I would like to ask to you guys if there is a better way to combine 2 atomics.

My goal is to find the highest results for a set of K equations (more than 32) under a list of J parameters values (very similar a 2-way input) and to save the value and the j index.

if (atomicMax(&max_k[id], t_max) < t_max) atomicExch(&indexMax[id],t_pos);

Initially we used the approach described above, but, since we do expect an even higher value for every thread, it is possible to have in the same warp the thread B > C > A (thread B has the highest value and thread C has a value higher than A). I'm not sure but the atomicExch can be executed in another thread order than the atomicMax was (is that correct?), so we tried a critical section, but it led to a deadlock. After all the solutions bellow seems to work.

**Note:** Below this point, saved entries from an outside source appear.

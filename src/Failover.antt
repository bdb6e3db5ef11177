-- ===== src/Failover.antt =====
-- management/failover.go: the output failovers of the document, with the checks of
-- `validateOutputFailoverSpec`. The monitor that runs them is in Failover/Monitor.antt.
pub mod Monitor
pub mod Decisions
pub mod Specs
pub mod Ticks
use kplayer_go.Prelude.{
  ℕ, ◌≡◌, String, Bool, true, false, not, ◌&&◌, none, some, List, [], ◌∷◌, ◌++◌, str_eq,
  if◌then◌else◌,
}
use kplayer_go.Prelude.Lists.{any}
use kplayer_go.Prelude.Text.{trim_space}
use kplayer_go.Prelude.Int.{ℤ, pos, leb_ℤ}
use kplayer_go.Model.{Data, Err, OutputFailover, FailoverPolicy}
use kplayer_go.Result.{Result, ok, err, Txn, commit, keep, fail, refuse, check, ◌>>=◌, ◌>>◌}
use kplayer_go.Collection.{find, put_first, cut_first, has_id}
use Err.{not_found, already_exists, invalid}

pub record OutputFailoverSpec : Type 0 where
  pub name : String
  pub primary_unique : String
  pub backup_unique : String
  pub policy : FailoverPolicy
  pub threshold_seconds : ℤ
  pub enabled : Bool

-- The policy after the default, and whether it is known.
abbrev pub default_policy : FailoverPolicy → FailoverPolicy
default_policy FailoverPolicy.unset = FailoverPolicy.automatic
default_policy p = p

abbrev pub known_policy : FailoverPolicy → Bool
known_policy FailoverPolicy.automatic = true
known_policy FailoverPolicy.manual = true
known_policy _ = false

abbrev pub normalized : OutputFailoverSpec → OutputFailoverSpec
normalized s = record s {
  name = trim_space s.name;
  primary_unique = trim_space s.primary_unique;
  backup_unique = trim_space s.backup_unique;
  policy = default_policy s.policy;
}

-- `validateOutputFailoverSpec`
unfoldable pub validate_spec : OutputFailoverSpec → Result OutputFailoverSpec
validate_spec s =
    let n = normalized s in
    (do
      refuse (str_eq n.name "") invalid
      refuse (str_eq n.primary_unique "") invalid
      refuse (str_eq n.backup_unique "") invalid
      refuse (str_eq n.primary_unique n.backup_unique) invalid
      refuse (not (known_policy n.policy)) invalid
      refuse (leb_ℤ n.threshold_seconds (pos 0)) invalid
      ok n)

abbrev pub failover_id : String → OutputFailover → Bool
failover_id = has_id (λ f. f.id)

abbrev pub new_failover : String → ℕ → OutputFailoverSpec → OutputFailover
new_failover id now s = record {
  id = id;
  name = s.name;
  primary_unique = s.primary_unique;
  backup_unique = s.backup_unique;
  policy = s.policy;
  threshold_seconds = s.threshold_seconds;
  enabled = s.enabled;
  created_at = now;
  updated_at = now;
}

-- `Create`
unfoldable pub create : String → ℕ → OutputFailoverSpec → Data → Txn Data OutputFailover
unfolding validate_spec
create id now spec d = check (validate_spec spec) λ s.
    if any (λ o. str_eq o.name s.name) d.failovers
    then fail already_exists
    else commit (record d { failovers = d.failovers ++ new_failover id now s ∷ [] })
        (new_failover id now s)

abbrev pub put_failover : String → OutputFailover → Data → Data
put_failover id f d = record d { failovers = put_first (failover_id id) f d.failovers }

abbrev pub on_failover {ℓ} :
    {A : Type ℓ} → String → Data → (OutputFailover → Txn Data A) → Txn Data A
on_failover id d k = elim (find (failover_id id) d.failovers) [
  | none ↦ fail not_found
  | some f ↦ k f
]

abbrev pub configured : ℕ → OutputFailoverSpec → OutputFailover → OutputFailover
configured now s f = record f {
  name = s.name;
  primary_unique = s.primary_unique;
  backup_unique = s.backup_unique;
  policy = s.policy;
  threshold_seconds = s.threshold_seconds;
  enabled = s.enabled;
  updated_at = now;
}

-- `Update`
unfoldable pub update : String → ℕ → OutputFailoverSpec → Data → Txn Data OutputFailover
unfolding validate_spec
update id now spec d = check (validate_spec spec) λ s. on_failover id d λ f.
    if any (λ o. not (failover_id id o) && str_eq o.name s.name) d.failovers
    then fail already_exists
    else commit (put_failover id (configured now s f) d) (configured now s f)

-- `SetEnabled`
unfoldable pub set_enabled : String → ℕ → Bool → Data → Txn Data (Unit {0})
set_enabled id now enabled d =
    on_failover id d
      λ f. commit (put_failover id (record f { enabled = enabled; updated_at = now }) d) tt

-- `Delete`
unfoldable pub delete : String → Data → Txn Data (Unit {0})
delete id d =
    on_failover id d
      λ f. commit (record d { failovers = cut_first (failover_id id) d.failovers }) tt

Is there a better way or there is any issue in the following code?

__device__ int atomicMaxCAS(int* addressMax, int valMax, int* addressCAS, int valCas) {
        int oldCas = *addressCAS, assumedCas;
        int oldMax = *addressMax, assumedMax;
        do {
            assumedCas = oldCas;
            assumedMax = oldMax;
            oldMax = atomicMax(addressMax, valMax);
            if (oldMax < valMax) oldCas = atomicCAS(addressCAS, assumedCas, valCas);
        } while (assumedCas != oldCas || assumedMax != oldMax);
        return (oldMax);
    }

Thanks in advance! I was able to start writing CUDA due to all this posts about!

there is any issue in the following code?

Yes, you can't use two atomics like that and expect coherent results. You have set up a possible race condition.

Suppose thread A does the atomicMax and replaces the old value with 100. Then thread B does the atomicMax and replaces the 100 value with 110. Then suppose thread B does the atomicCAS, and replaces its index. Then thread A does the atomicCAS, and replaces thread B index with thread A index. You now have a max value of 110 with an index corresponding to thread A.

Even within a single warp, there is no stated order of execution of atomic operations.

Is there a better way?

1. since your values are both 32-bit quantities, you might be interested in using a custom 64-bit atomic operation like this to update a value and an index at the same time, atomically.

2. For large scale usage (lots of threads) you may want to explore a classical paraellel reduction. There are questions here on the CUDA tag such as this one and this one that discuss how to do an index+value reduction.

Global atomics on Kepler are pretty fast, so depending on your exact code and reduction "density" a global atomic reduction might not be a big problem performance-wise.